Human nature is funny.
Everyone who misses out on an ‘original’ boom always promises themselves they’ll buy in if prices fall.
Then when markets give them the very opportunity they’d hoped for, they get too scared to buy in.
Because falling markets are a scary thing.
The headline writers churn out blood-curdling warnings. And simply put, no matter what your head says you should do, your primal instincts are telling you not to do it.
Pros on the other hand love to ‘buy the dip.’ This is their opportunity to build a stake in their favourite companies.
And this works out most of the time.
Until there’s the rare almighty market crash and the dip buyers crash and burn along with everyone else.
Technology stocks are in this position right now. They’ve fallen steeply and could be an opportunity. Or a warning depending on how you look at it.
So, is it time to buy the dip?
Or are further falls up ahead?
Let’s take a look at what history tells you…
Tech wrecks and aftermaths
This chart shows you three market cycles for the NASDAQ technology index over the past 25 years.
Source: Incredible Charts
As you can see, we’re in the third ‘tech boom’ phase of the last 25 years.
And this has been a monumentally big, decade long bull run for technology stocks. It’s the reason Facebook, Google, Amazon and Apple are the four of the most valuable companies in the world.
Though that tech ‘old timer’ Microsoft just pipped Apple briefly as the most valuable company in the world this month.
This third boom phase hasn’t been without doubters though. It paused for about a year from mid-2015 to mid-2016 as investors worried the good times had gone on too long. But then it resumed its upwards move.
That moment in 2015/16 turned out to be a ‘buy the dip’ moment. Always easy to say in hindsight though.
The question now is are falls in the tech sector of late another pause? Or the start of a new tech wreck crash?
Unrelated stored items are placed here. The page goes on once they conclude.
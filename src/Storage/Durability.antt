-- ===== src/Storage/Durability.antt =====
-- The dump file against the tree, over changes, dumps and a restart.
use variables_and_streams_se.Base.{
  List, [], ◌∷◌, Option, Bool, true, false, none, some, ◌≡◌, refl, arith, Bool-cases, Option-cases,
  ◌⊎◌, inl, inr, ◌∙◌, sym, ap, All,
}
use variables_and_streams_se.Base.Text.{Text, Lacks}
use variables_and_streams_se.Storage.{RamCacheDb, empty_db, set, get, delete_value}
use variables_and_streams_se.Storage.Path.{scroll_path, scroll_path-ne-nil}
use variables_and_streams_se.Storage.Tree.{node, no_childs, find}
use variables_and_streams_se.Storage.Laws.{
  holds, get_lem, IsSound, Change, set_name, delete_name, apply, apply-IsSound, empty_db-IsSound,
}
use variables_and_streams_se.Storage.Dump.{
  newline, dump_to_string, load, Service, dump_round, Write, complete, broken, file_after,
}
use variables_and_streams_se.Storage.Replay.{load-dump_text}
use variables_and_streams_se.Storage.Plain.{
  IsPlainKey, FitsBelow, FitsBelow-alter, FitsBelow-delete_at, FitsBelow-empty,
}
use variables_and_streams_se.Storage.RoundTrip.{text_at, text_at-replay}

get-text_at : (name : Text) (r : RamCacheDb) → get name [] r ≡ text_at (scroll_path name) r.root
unfolding text_at holds
get-text_at name r = get_lem name [] r

-- A database that the format of the file can hold.
unfoldable pub IsStorable : RamCacheDb → Type 0
IsStorable r = FitsBelow r.root

-- A new service that loads a dump of the tree reads the same value as the tree for every name, a
-- missing value counted as empty, if the tree is sound and holds only keys and values that the format
-- of the file can hold.
pub get-load :
    (name : Text) (r : RamCacheDb)
    → IsSound r
    → IsStorable r
    → get name [] (load (some (dump_to_string r.root [])) empty_db) ≡ get name [] r
unfolding load IsSound IsStorable
get-load name r w plain =
    get-text_at name _
    ∙ ap (text_at (scroll_path name)) (load-dump_text r.root (node [] [] no_childs) plain.1 w)
    ∙ text_at-replay (scroll_path name) r.root (scroll_path-ne-nil name) w
    ∙ sym (get-text_at name r)

-- What happens to a running service: a change by a client, or a round of the dumper.
pub data Event : Type 0 where
  change : Change → Event
  round : Event

-- One event, where every write of the file succeeds.
unfoldable pub step : Event → Service → Service
unfolding apply dump_round
step (change c) s = record s { db = apply c s.db }
step round s = dump_round complete s

unfoldable pub steps : List Event → Service → Service
unfolding step
steps [] s = s
steps (e ∷ es) s = steps es (step e s)

-- Names and values that the format of the file can hold.
abbrev pub IsCleanChange : Change → Type 0
IsCleanChange (set_name name v) = All IsPlainKey (scroll_path name) × Lacks newline v
IsCleanChange (delete_name name cascade) = Unit

abbrev pub IsCleanEvent : Event → Type 0
IsCleanEvent (change c) = IsCleanChange c
IsCleanEvent round = Unit

-- What a new service reads for a name from the file.
abbrev pub reload : Text → Service → Text
reload name s = get name [] (load s.file empty_db)

abbrev pub fresh : Service
fresh = record { db = empty_db; file = none }

-- The tree is sound and storable, and what is not pending is in the file.
record IsKept (s : Service) : Type 0 where
  sound : IsSound s.db
  storable : IsStorable s.db
  in_file : s.db.pending_changes ≡ false → (name : Text) → reload name s ≡ get name [] s.db

pub set-IsStorable :
    (name v : Text) (r : RamCacheDb)
    → All IsPlainKey (scroll_path name)
    → Lacks newline v
    → IsStorable r
    → IsStorable (set name v r)
unfolding IsStorable set
set-IsStorable name v r keys nonl h = FitsBelow-alter (scroll_path name) v r.root keys nonl h

delete_value-IsStorable :
    (name : Text) (c : Bool) (r : RamCacheDb) → IsStorable r → IsStorable (delete_value name c r)
unfolding IsStorable delete_value
delete_value-IsStorable name c r h = elim (Option-cases (find (scroll_path name) r.root)) [
  | inl e ↦ rw (e, delete_value) h
  | inr (m, e) ↦ rw (e, delete_value) (FitsBelow-delete_at (scroll_path name) c r.root h)
]

-- A change is pending, or it changed nothing.
apply_pending :
    (c : Change) (r : RamCacheDb) → (apply c r ≡ r) ⊎ ((apply c r).pending_changes ≡ true)
unfolding apply set delete_value
apply_pending (set_name name v) r = inr refl
apply_pending (delete_name name c) r = elim (Option-cases (find (scroll_path name) r.root)) [
  | inl e ↦ inl (rw (e, delete_value))
  | inr (m, e) ↦ inr (rw (e, delete_value))
]

apply-IsStorable :
    (c : Change) (r : RamCacheDb) → IsCleanChange c → IsStorable r → IsStorable (apply c r)
unfolding apply
apply-IsStorable (set_name name v) r (keys, nonl) h = set-IsStorable name v r keys nonl h
apply-IsStorable (delete_name name c) r clean h = delete_value-IsStorable name c r h

change-IsKept : (c : Change) (s : Service) → IsCleanChange c → IsKept s → IsKept (step (change c) s)
unfolding step
change-IsKept c s clean k = record {
  sound = apply-IsSound c s.db k.sound;
  storable = apply-IsStorable c s.db clean k.storable;
  in_file = λ idle name. elim (apply_pending c s.db) [
    | inl same ↦ rw same (k.in_file (cc) name)
    | inr pending ↦ cc
  ];
}

dump_round_idle : (w : Write) (s : Service) → s.db.pending_changes ≡ false → dump_round w s ≡ s
unfolding dump_round
dump_round_idle w s e = ground arith

dump_round_pending :
    (s : Service)
    → s.db.pending_changes ≡ true
    → dump_round complete s ≡ record {
      db = record { root = s.db.root; pending_changes = false };
      file = some (dump_to_string s.db.root []);
    }
unfolding dump_round
dump_round_pending s e = ground arith

round-IsKept : (s : Service) → IsKept s → IsKept (step round s)
unfolding step IsSound IsStorable
round-IsKept s k = elim (Bool-cases s.db.pending_changes) [
  | inl p ↦ rw (dump_round_pending s p) (record {
    sound = k.sound;
    storable = k.storable;
    in_file = λ idle name.
        get-load name (record { root = s.db.root; pending_changes = false }) k.sound k.storable;
  })
  | inr p ↦ rw (dump_round_idle complete s p) k
]

step-IsKept : (e : Event) (s : Service) → IsCleanEvent e → IsKept s → IsKept (step e s)
step-IsKept (change c) s clean k = change-IsKept c s clean k
step-IsKept round s clean k = round-IsKept s k

steps-IsKept :
    (es : List Event) (s : Service) → All IsCleanEvent es → IsKept s → IsKept (steps es s)
unfolding steps
steps-IsKept [] s h k = k
steps-IsKept (e ∷ es) s (clean, cleans) k =
    steps-IsKept es (step e s) cleans (step-IsKept e s clean k)

fresh-IsKept : IsKept fresh
unfolding IsStorable load
fresh-IsKept = record {
  sound = empty_db-IsSound;
  storable = FitsBelow-empty;
  in_file = λ idle name. refl;
}

not_pending_after_round : (w : Write) (s : Service) → (dump_round w s).db.pending_changes ≡ false
unfolding dump_round
not_pending_after_round w s = ground arith

-- Whatever clean changes and dumps a new service has seen, after one more dump, the file, read by a
-- new service, gives for every name the value that the running one gives (a missing value counted as
-- empty), if every write of the file succeeds.
pub durable :
    (es : List Event) (name : Text)
    → All IsCleanEvent es
    → reload name (step round (steps es fresh)) ≡ get name [] (step round (steps es fresh)).db
durable es name clean =
    (round-IsKept (steps es fresh) (steps-IsKept es fresh clean fresh-IsKept)).in_file
      (unfold step in not_pending_after_round complete (steps es fresh)) name

-- Rounds of the dumper with no change between them.
unfoldable pub dump_rounds : List Write → Service → Service
unfolding dump_round
dump_rounds [] s = s
dump_rounds (w ∷ ws) s = dump_rounds ws (dump_round w s)

dump_rounds_idle :
    (ws : List Write) (s : Service) → s.db.pending_changes ≡ false → dump_rounds ws s ≡ s
unfolding dump_rounds
dump_rounds_idle [] s e = refl
dump_rounds_idle (w ∷ ws) s e = rw (dump_round_idle w s e) (dump_rounds_idle ws s e)

-- If changes are pending and the write of the dump fails, the file stays as the failure leaves it, whatever
-- that is, through all later rounds up to the next change, although the tree still has the changes.
pub failed_dump_forgotten :
    (s : Service) (left : Option Text) (ws : List Write)
    → s.db.pending_changes ≡ true
    → ((dump_rounds (broken left ∷ ws) s).file ≡ left)
      × ((dump_rounds (broken left ∷ ws) s).db.root ≡ s.db.root)
unfolding dump_rounds
failed_dump_forgotten s left ws pending =
    let once = dump_round (broken left) s in
    rw (dump_rounds_idle ws once (not_pending_after_round (broken left) s))
      (unfold dump_round file_after in ground arith)

pub empty_db-IsStorable : IsStorable empty_db
unfolding IsStorable
empty_db-IsStorable = FitsBelow-empty
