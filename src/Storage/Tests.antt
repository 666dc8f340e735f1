-- ===== src/Storage/Tests.antt =====
-- Runs of the storage on small trees, and the storage theorems at inputs that meet their hypotheses.
use variables_and_streams_se.Base.{
  List, [], ◌∷◌, ◌++◌, true, false, none, some, if◌then◌else◌, get_or, map, ◌≢◌, ◌≡◌, refl, arith,
  All,
}
use variables_and_streams_se.Base.Text.{
  Text, codes, same, split, onto_first, is_blank, has_byte, before, after,
}
use variables_and_streams_se.Storage.{
  RamCacheDb, empty_db, set, get, get_childs, has_value, delete_value,
}
use variables_and_streams_se.Storage.Path.{scroll_path, same_path, is_prefix}
use variables_and_streams_se.Storage.Dump.{
  dump_to_string, dump_line, dump_prefix, load, load_line, load_lines, complete, broken, newline,
}
use variables_and_streams_se.Storage.Tree.{
  find, get_child, alter, put_child, keys, delete_at, drop_or_keep, cleared, delete_child,
}
use variables_and_streams_se.Storage.Laws.{
  Change, set_name, delete_name, run, holds, kept, holds-set, holds-delete_value, IsSound,
  set-IsSound, empty_db-IsSound, run-IsSound,
}
use variables_and_streams_se.Storage.Plain.{IsPlainKey}
use variables_and_streams_se.Storage.Each.{full_name, calls, for_each_childs, for_each_childs-get}
use variables_and_streams_se.Storage.Durability.{
  Event, change, round, step, steps, fresh, reload, durable, failed_dump_forgotten, dump_rounds,
  get-load, IsStorable, set-IsStorable, empty_db-IsStorable,
}

-- Opens all that a run of the storage computes with.
unfoldable pub storage_runs : Unit {0}
unfolding set get get_childs has_value delete_value find scroll_path get_child alter put_child same
    keys delete_at drop_or_keep cleared delete_child dump_to_string dump_line dump_prefix load
    load_lines split onto_first load_line is_blank has_byte before after
storage_runs = tt

abbrev lamp : Text
lamp = codes "vars.home.lamp"

abbrev home : Text
home = codes "vars.home"

abbrev on : Text
on = codes "on"

abbrev lit : RamCacheDb
lit = set lamp on empty_db

trailing_dot : scroll_path (codes "a..b.") ≡ codes "a" ∷ [] ∷ codes "b" ∷ []
unfolding scroll_path
trailing_dot = refl

lit_reads :
    (get lamp [] lit ≡ on)
    × (get home (codes "?") lit ≡ [])
    × (get_childs home lit ≡ codes "lamp" ∷ [])
    × (has_value (codes "vars.garden") lit ≡ false)
unfolding storage_runs
lit_reads = (refl, refl, refl, refl)

deleted_leaf : get_childs home (delete_value lamp false lit) ≡ []
unfolding storage_runs
deleted_leaf = refl

lit_dump : dump_to_string lit.root [] ≡ codes "vars.home.lamp=on" ++ newline ∷ []
unfolding storage_runs
lit_dump = refl

-- A line break in a value makes a line of its own in the file, which a restart reads as a variable.
injected :
    get (codes "vars.x._lock") [] (
      load
        (some (
          dump_to_string
            (set lamp (codes "on" ++ newline ∷ codes "vars.x._lock=1") empty_db).root
            []))
        empty_db)
    ≡ codes "1"
unfolding storage_runs
injected = refl

holds-set_example : holds home (set lamp on empty_db) ≡ (
    if same_path (scroll_path lamp) (scroll_path home)
    then some on
    else if is_prefix (scroll_path home) (scroll_path lamp)
    then some (get_or (holds home empty_db) [])
    else holds home empty_db)
holds-set_example = holds-set lamp home on empty_db

lit-IsSound : IsSound lit
lit-IsSound = set-IsSound lamp on empty_db empty_db-IsSound

holds-delete_value_example : holds home (delete_value lamp true lit) ≡ (
    if has_value lamp lit
    then (if is_prefix (scroll_path lamp) (scroll_path home)
        then (if same_path (scroll_path lamp) (scroll_path home)
            then kept lamp true lit
            else if true
            then none
            else holds home lit)
        else holds home lit)
    else holds home lit)
holds-delete_value_example = holds-delete_value lamp home true lit lit-IsSound

abbrev changes : List Change
changes = set_name lamp on ∷ delete_name home false ∷ delete_name lamp true ∷ []

run-IsSound_example : IsSound (run changes empty_db)
run-IsSound_example = run-IsSound changes empty_db empty_db-IsSound

lamp_keys : All IsPlainKey (scroll_path lamp)
unfolding scroll_path
lamp_keys = (
  (cc, omega arith, omega arith),
  ((cc, omega arith, omega arith), ((cc, omega arith, omega arith), tt)),
)

lit-IsStorable : IsStorable lit
lit-IsStorable = set-IsStorable lamp on empty_db lamp_keys (omega arith) empty_db-IsStorable

loaded_again : get lamp [] (load (some (dump_to_string lit.root [])) empty_db) ≡ get lamp [] lit
loaded_again = get-load lamp lit lit-IsSound lit-IsStorable

abbrev events : List Event
events = change (set_name lamp on) ∷ round ∷ change (delete_name lamp false) ∷ []

durable_example :
    reload lamp (step round (steps events fresh)) ≡ get lamp [] (step round (steps events fresh)).db
durable_example = durable events lamp ((lamp_keys, omega arith), (tt, (tt, tt)))

lit_pending : lit.pending_changes ≡ true
unfolding storage_runs
lit_pending = refl

-- Half of the line is written, and the next round, which could write, does nothing.
failed_dump_forgotten_example :
    ((dump_rounds
        (broken (some (codes "vars.ho")) ∷ complete ∷ [])
        (record { db = lit; file = none })).file
      ≡ some (codes "vars.ho"))
    × ((dump_rounds
          (broken (some (codes "vars.ho")) ∷ complete ∷ [])
          (record { db = lit; file = none })).db.root
        ≡ lit.root)
failed_dump_forgotten_example =
    failed_dump_forgotten (record { db = lit; file = none }) (some (codes "vars.ho"))
      (complete ∷ []) lit_pending

root_not_visited : (get_childs [] lit ≡ codes "vars" ∷ []) × (for_each_childs [] lit ≡ [])
unfolding storage_runs for_each_childs calls full_name
root_not_visited = (refl, refl)

home_plain : scroll_path home ≡ split b'.' home
unfolding storage_runs
home_plain = refl

home_childs : All (λ k. k ≢ []) (get_childs home lit)
unfolding storage_runs
home_childs = ((λ e. cc), tt)

for_each_childs-get_example :
    for_each_childs home lit
    ≡ map (λ k. (full_name home k, get (full_name home k) [] lit)) (get_childs home lit)
for_each_childs-get_example =
    for_each_childs-get home [] lit lit-IsSound home_plain (λ e. cc) home_childs
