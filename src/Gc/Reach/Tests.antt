-- ===== src/Gc/Reach/Tests.antt =====
-- A marking from one frame whose accumulator holds an array with a string in it.
use k3s_virtual_machine.Base.{
  cells, cells-All, ℕ, arith, ◌≡◌, ◌≢◌, refl, inl, inr, List, [], ◌∷◌, ok, All, false,
}
use k3s_virtual_machine.Allocator.Region.{Region}
use k3s_virtual_machine.Interpreter.Register.{Register, register, num, any, str, arr, is_primitive}
use k3s_virtual_machine.Interpreter.Objects.{HeapObject, Body, array, string, function, fields}
use k3s_virtual_machine.Gc.{Gc, mark_and_fetch_target_objects}
use k3s_virtual_machine.Base.{In}
use k3s_virtual_machine.Gc.Reach.{WellTyped}
use k3s_virtual_machine.Gc.Reach.Frames.{
  IsSound, IsComplete, mark_and_fetch_target_objects-IsComplete,
}

abbrev old : Body → HeapObject
old b = record { header = record { mark = 1; allocated_size = 48; relocated_ptr = 0 }; body = b }

abbrev unset : Register
unset = register any 0

abbrev objects : List (ℕ × HeapObject)
objects =
    (100, old (array (register str 200 ∷ register num 7 ∷ [])))
    ∷ (200, old (string (65 ∷ [])))
    ∷ (
      300,
      old (function (record { target_pc = 0; this = unset; inputs = unset ∷ []; outputs = [] })),
    )
    ∷ (400, old (string (66 ∷ [])))
    ∷ []

abbrev addresses : List ℕ
addresses = 100 ∷ 200 ∷ 300 ∷ 400 ∷ []

abbrev memory : Gc
memory = record {
  heap = cells objects;
  state_stack =
      record { acc = register arr 100; regs = unset ∷ []; caller_pc = 0; callee = 300 } ∷ [];
  mark = 1;
  stages_stack =
      record { target_objects = []; estimating_realloc_size = 0; references_to_targets = [] } ∷ [];
  is_trigger_forbidden = false;
}

memory-IsSound : IsSound addresses memory
unfolding is_primitive
memory-IsSound = record {
  covers =
      cells-All (λ a _. In a addresses) objects
        (inl refl, (inr (inl refl), (inr (inr (inl refl)), (inr (inr (inr (inl refl))), tt))));
  typed =
      cells-All (λ _ o. All (WellTyped memory.heap) (fields o.body)) objects
        (
          (inr (_, refl, refl, omega arith), (inl refl, tt)),
          (tt, ((inl refl, (inl refl, tt)), (tt, tt))),
        );
  frames =
      ((inr (_, refl, refl, omega arith), (inr (_, refl, refl, omega arith), (inl refl, tt))), tt);
  fresh =
      cells-All (λ _ o. o.header.mark ≢ 2) objects
        (λ e. omega arith, (λ e. omega arith, (λ e. omega arith, (λ e. omega arith, tt))));
  staged = λ e. cc;
}

abbrev young : Region
young = record { start = 0; size = 1000; cursor = 448 }

mark_and_fetch_target_objects-IsComplete_example :
    (g : Gc) × (mark_and_fetch_target_objects 5 young memory ≡ ok g) × IsComplete memory g
mark_and_fetch_target_objects-IsComplete_example =
    mark_and_fetch_target_objects-IsComplete addresses 5 young memory (omega arith) memory-IsSound
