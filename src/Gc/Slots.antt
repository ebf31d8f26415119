-- ===== src/Gc/Slots.antt =====
-- Fix of allocator/gc.h on a reference that stands in a frame.
use k3s_virtual_machine.Base.{
  ℕ, ◌+◌, ◌<◌, arith, ◌≡◌, refl, sym, ◌∙◌, false, Option, none, some, List, Outcome, ok, ◌>>=◌,
  from_option, undefined, ◌==◌, get_elem?, set, get_elem?-set_self, get_elem?-lt,
}
use k3s_virtual_machine.Interpreter.Register.{Register, register}
use k3s_virtual_machine.Interpreter.Machine.{Frame}
use k3s_virtual_machine.Gc.{
  Gc, Slot, callee_slot, acc_slot, reg_slot, in_frame, read_slot, write_slot, fix, relocated,
  load_header,
}
use k3s_virtual_machine.Allocator.Region.{Region}
use k3s_virtual_machine.Gc.Move.{IsMoved}

present :
    {A : Type 0} (o : Option A) (k : A → Outcome ℕ) (old : ℕ)
    → (from_option undefined o >>= k) ≡ ok old
    → (a : A) × (o ≡ some a)
present none k old h = let impossible : ⊥ = cc in elim impossible [ ]
present (some a) k old h = (a, refl)

-- A write into a slot that can be read succeeds, and the slot then holds the value.
pub write_slot-read_slot :
    (s : Slot) (fs : List Frame) (old v : ℕ)
    → read_slot s fs ≡ ok old
    → (fs' : List Frame) × (write_slot s fs v ≡ ok fs') × (read_slot s fs' ≡ ok v)
unfolding read_slot write_slot
write_slot-read_slot (callee_slot i) fs old v h =
    let (f, e) = present (get_elem? fs i) _ old h in
    (
      set fs i (record f { callee = v }),
      rw e refl,
      rw (get_elem?-set_self fs i (record f { callee = v }) (get_elem?-lt fs i e)) refl,
    )
write_slot-read_slot (acc_slot i) fs old v h =
    let (f, e) = present (get_elem? fs i) _ old h in
    let f' : Frame = record f { acc = register f.acc.type v } in
    (set fs i f', rw e refl, rw (get_elem?-set_self fs i f' (get_elem?-lt fs i e)) refl)
write_slot-read_slot (reg_slot i n) fs old v h =
    let (f, e) = present (get_elem? fs i) _ old h in
    let inner : (from_option undefined (get_elem? f.regs n) >>= λ r. ok r.value) ≡ ok old =
      rw e at h in
    let (r, e') = present (get_elem? f.regs n) _ old inner in
    let regs : List Register = set f.regs n (register r.type v) in
    let f' : Frame = record f { regs = regs } in
    (
      set fs i f',
      rw (e, e') refl,
      rw
          (
            get_elem?-set_self fs i f' (get_elem?-lt fs i e),
            get_elem?-set_self f.regs n (register r.type v) (get_elem?-lt f.regs n e'),
          )
          refl,
    )

-- When a slot of a frame holds the address of a moved object, and the region of the copies does
-- not begin at address 0, Fix of the slot's reference succeeds, the slot then holds the address of
-- the copy, the object there is the one that the slot referred to before the move, and no object
-- changes.
pub fix-IsMoved :
    (g g' : Gc) (d d' : Region) (s : Slot) (a : ℕ)
    → 0 < d.start + d.cursor
    → read_slot s g'.state_stack ≡ ok a
    → (m : IsMoved g.heap g'.heap d d' a)
    → (fixed : Gc) × (fix (in_frame s) g' ≡ ok fixed)
      × (read_slot s fixed.state_stack ≡ ok m.copy)
      × (fixed.heap m.copy ≡ g.heap a)
      × (fixed.heap ≡ g'.heap)
unfolding fix relocated load_header
fix-IsMoved g g' d d' s a pos at_slot m =
    let (fs, written, reads) = write_slot-read_slot s g'.state_stack a m.copy at_slot in
    let not_null : (m.copy == 0) ≡ false = ground (arith, m.low) in
    let fixed : Gc = record g' { state_stack = fs } in
    (fixed, rw (at_slot, m.forwards, not_null, written) refl, reads, m.equal ∙ sym m.before, refl)
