-- ===== src/Gc/Tests.antt =====
-- Two strings and a closure that move into an empty region.
use k3s_virtual_machine.Base.{
  Bool-cases, ◌==◌, ==_iff, inr, ℕ, arith, ◌≡◌, ◌≢◌, refl, inl, none, some, [], ◌∷◌, ok, false, All,
}
use k3s_virtual_machine.Allocator.Region.{Region}
use k3s_virtual_machine.Base.{update}
use k3s_virtual_machine.Interpreter.Objects.{HeapObject, Body, Function, string, function, fields}
use k3s_virtual_machine.Interpreter.Register.{Register, register, str, any}
use k3s_virtual_machine.Gc.Marking.{Covers, Safe}
use k3s_virtual_machine.Gc.Roots.{mark_and_fetch_target_objects-Safe}
use k3s_virtual_machine.Gc.Holders.{fix-in_object}
use k3s_virtual_machine.Gc.Slots.{fix-IsMoved}
use k3s_virtual_machine.Gc.{
  Gc, move_objects, fix, mark_and_fetch_target_objects, in_frame, in_object, acc_slot, read_slot,
}
use k3s_virtual_machine.Gc.Move.{IsTarget, AllMoved, IsMoved, move_objects-AllMoved}

abbrev text : ℕ → HeapObject
text c = record {
  header = record { mark = 1; allocated_size = 48; relocated_ptr = 0 };
  body = string (c ∷ []);
}

abbrev memory : Gc
memory = record {
  heap = update (update (λ _. none) 100 (some (text 65))) 200 (some (text 66));
  state_stack = [];
  mark = 1;
  stages_stack = [];
  is_trigger_forbidden = false;
}

abbrev next_region : Region
next_region = record { start = 1000; size = 500; cursor = 8 }

two_targets : All (IsTarget memory.heap next_region) (100 ∷ 200 ∷ [])
two_targets = (
  record {
    object = text 65;
    there = refl;
    live = omega arith;
    sized = omega arith;
    unmoved = refl;
    outside = inl (omega arith);
  },
  (
    record {
      object = text 66;
      there = refl;
      live = omega arith;
      sized = omega arith;
      unmoved = refl;
      outside = inl (omega arith);
    },
    tt,
  ),
)

move_objects-AllMoved_example :
    (g : Gc) × (d : Region) × (move_objects (100 ∷ 200 ∷ []) memory next_region ≡ ok (g, d))
    × AllMoved memory g next_region d (100 ∷ 200 ∷ [])
move_objects-AllMoved_example =
    move_objects-AllMoved (100 ∷ 200 ∷ []) memory next_region ((omega arith, tt), (tt, tt))
      two_targets (omega arith) (omega arith)

-- A frame that holds the first string in its accumulator, after that string has moved.
abbrev with_root : Gc
with_root = record memory {
  heap =
      update
        (update (λ _. none) 100
          (some (record {
            header = record { mark = 1; allocated_size = 48; relocated_ptr = 1008 };
            body = string (65 ∷ []);
          })))
        1008 (some (text 65));
  state_stack = record { acc = register str 100; regs = []; caller_pc = 0; callee = 0 } ∷ [];
}

abbrev filled_region : Region
filled_region = record next_region { cursor = 56 }

abbrev first_moved : IsMoved memory.heap with_root.heap next_region filled_region 100
first_moved = record {
  object = text 65;
  copy = 1008;
  before = refl;
  forwards = refl;
  equal = refl;
  low = omega arith;
  high = omega arith;
}

root_reads : read_slot (acc_slot 0) with_root.state_stack ≡ ok 100
unfolding read_slot
root_reads = refl

fix-IsMoved_example :
    (fixed : Gc) × (fix (in_frame (acc_slot 0)) with_root ≡ ok fixed)
    × (read_slot (acc_slot 0) fixed.state_stack ≡ ok 1008)
    × (fixed.heap 1008 ≡ some (text 65))
    × (fixed.heap ≡ with_root.heap)
fix-IsMoved_example =
    fix-IsMoved memory with_root next_region filled_region (acc_slot 0) 100 (omega arith) root_reads
      first_moved

memory-Covers : Covers (100 ∷ 200 ∷ []) memory.heap
memory-Covers a o h = elim (Bool-cases (200 == a)) [
  | inl e ↦ inr (inl ((==_iff 200 a).0 e))
  | inr e ↦ elim (Bool-cases (100 == a)) [
    | inl e' ↦ inl ((==_iff 100 a).0 e')
    | inr e' ↦
        let none_there : none ≡ some o = rw (e, e') at h in
        let impossible : ⊥ = cc in elim impossible [ ]
  ]
]

abbrev rooted : Gc
rooted = record memory {
  state_stack = record { acc = register str 100; regs = []; caller_pc = 0; callee = 200 } ∷ [];
}

mark_and_fetch_target_objects-Safe_example :
    Safe
      (λ g. (g.mark ≡ 2) × Covers (100 ∷ 200 ∷ []) g.heap)
      (mark_and_fetch_target_objects 3 next_region rooted)
mark_and_fetch_target_objects-Safe_example =
    mark_and_fetch_target_objects-Safe (100 ∷ 200 ∷ []) 3 next_region rooted (omega arith)
      memory-Covers

-- A closure that has moved, whose first output holds a string that has moved too.
abbrev unset : Register
unset = register any 0

abbrev closure : Function
closure = record {
  target_pc = 7;
  this = unset;
  inputs = unset ∷ unset ∷ unset ∷ unset ∷ [];
  outputs = register str 200 ∷ [];
}

abbrev moved_to : ℕ → Body → HeapObject
moved_to copy b = record {
  header = record { mark = 1; allocated_size = 48; relocated_ptr = copy };
  body = b;
}

abbrev with_closure : Gc
with_closure = record memory {
  heap =
      update
        (update (update (λ _. none) 100 (some (moved_to 1008 (function closure)))) 200
          (some (moved_to 1056 (string (66 ∷ [])))))
        1008 (some (moved_to 0 (function closure)));
}

fix-in_object_example :
    (fixed : Gc) × (fix (in_object 100 5) with_closure ≡ ok fixed)
    × ((changed : HeapObject) × (fixed.heap 1008 ≡ some changed)
        × (fields changed.body ≡ unset ∷ unset ∷ unset ∷ unset ∷ unset ∷ register str 1056 ∷ [])
        × (changed.header ≡ (moved_to 0 (function closure)).header))
    × ((a : ℕ) → a ≢ 1008 → fixed.heap a ≡ with_closure.heap a)
    × (fixed.state_stack ≡ with_closure.state_stack)
fix-in_object_example =
    fix-in_object with_closure 100 5 (moved_to 1008 (function closure))
      (moved_to 0 (function closure)) (moved_to 1056 (string (66 ∷ []))) (register str 200) refl
      refl refl refl refl refl (omega arith)
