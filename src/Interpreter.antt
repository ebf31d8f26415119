-- ===== src/Interpreter.antt =====
-- The interpreter: registers, the instruction set, heap objects, the machine's state and the handlers.
pub mod Register
pub mod Isa
pub mod Objects
pub mod Machine
pub mod Allocate
pub mod Decode
pub mod Transfer
pub mod Values
pub mod Step
pub mod Frames
mod Tests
There’s no question that technology companies dominate our lives these days. So, it would be hard to see Facebook and Apple fading away into oblivion any time soon.
But that outcome wasn’t always obvious.
Despite the hype from the original dotcom boom in 1999/00, it took almost a decade for the current boom to get underway.
This turned out to be the pivotal cycle that finally revealed the potential value of technology companies, people had been talking about for almost two decades.
A lesson for cryptocurrency investors perhaps?
But back to the most pressing question now then.
Should you buy the tech dip? Or should you stay clear for now?
Should you buy the tech dip?
Let’s look at a chart of one of the tech giants to answer this question:
Source: Incredible Charts
As you can see in Apple’s decade long rise there have been three buy the dip opportunities. I’ve labelled them as shake out zones in the chart.
These are moments weak holders are shaken out on the dips and are replaced by stronger holders who hold on for the next rise.
The question you’ve got to ask yourself now then is, do you think Apple can continue to grow earnings into the future? Is this a new shakeout moment?
I’m not going to answer that for you today.
But it’s the most basic question you have to think about. If you conclude Apple have a powerful business that can continue to grow earnings, then this could be a good time to buy.
Well if you look at the bottom part of the chart, there’s an indicator called RSI (Relative Strength Index). It’s often used by traders to gauge if a stock is overbought or oversold.
If it falls below or touches the 30 line that often indicates it is oversold and could be a good time to buy if you think the market has overreacted and you’re positive about future prospects still.
As you can also see though, maybe you can afford to wait a little but longer too. The RSI tends to range between 30 and 50 in a correction or downturn.
If you want a better entry point, you can wait for it to breach the 50 level before you buy. You won’t buy in as cheap, but the selling pressure may have subsided and the stock could be ready to resume its uptrend.
And lastly if you think that the tech sector has become an overblown balloon devoid of any real value, you can of course look to bet against the stock by shorting it on any near-term price bounces. Though this is a high-risk specialist strategy.
The point is this…
With investing there’s many ‘roads to Rome’ so to speak. In other words, there’s no right way of doing things.
But to me there seems to be clear opportunities in the tech sector right now. You just have to work out what they are and how you’re going to profit from it.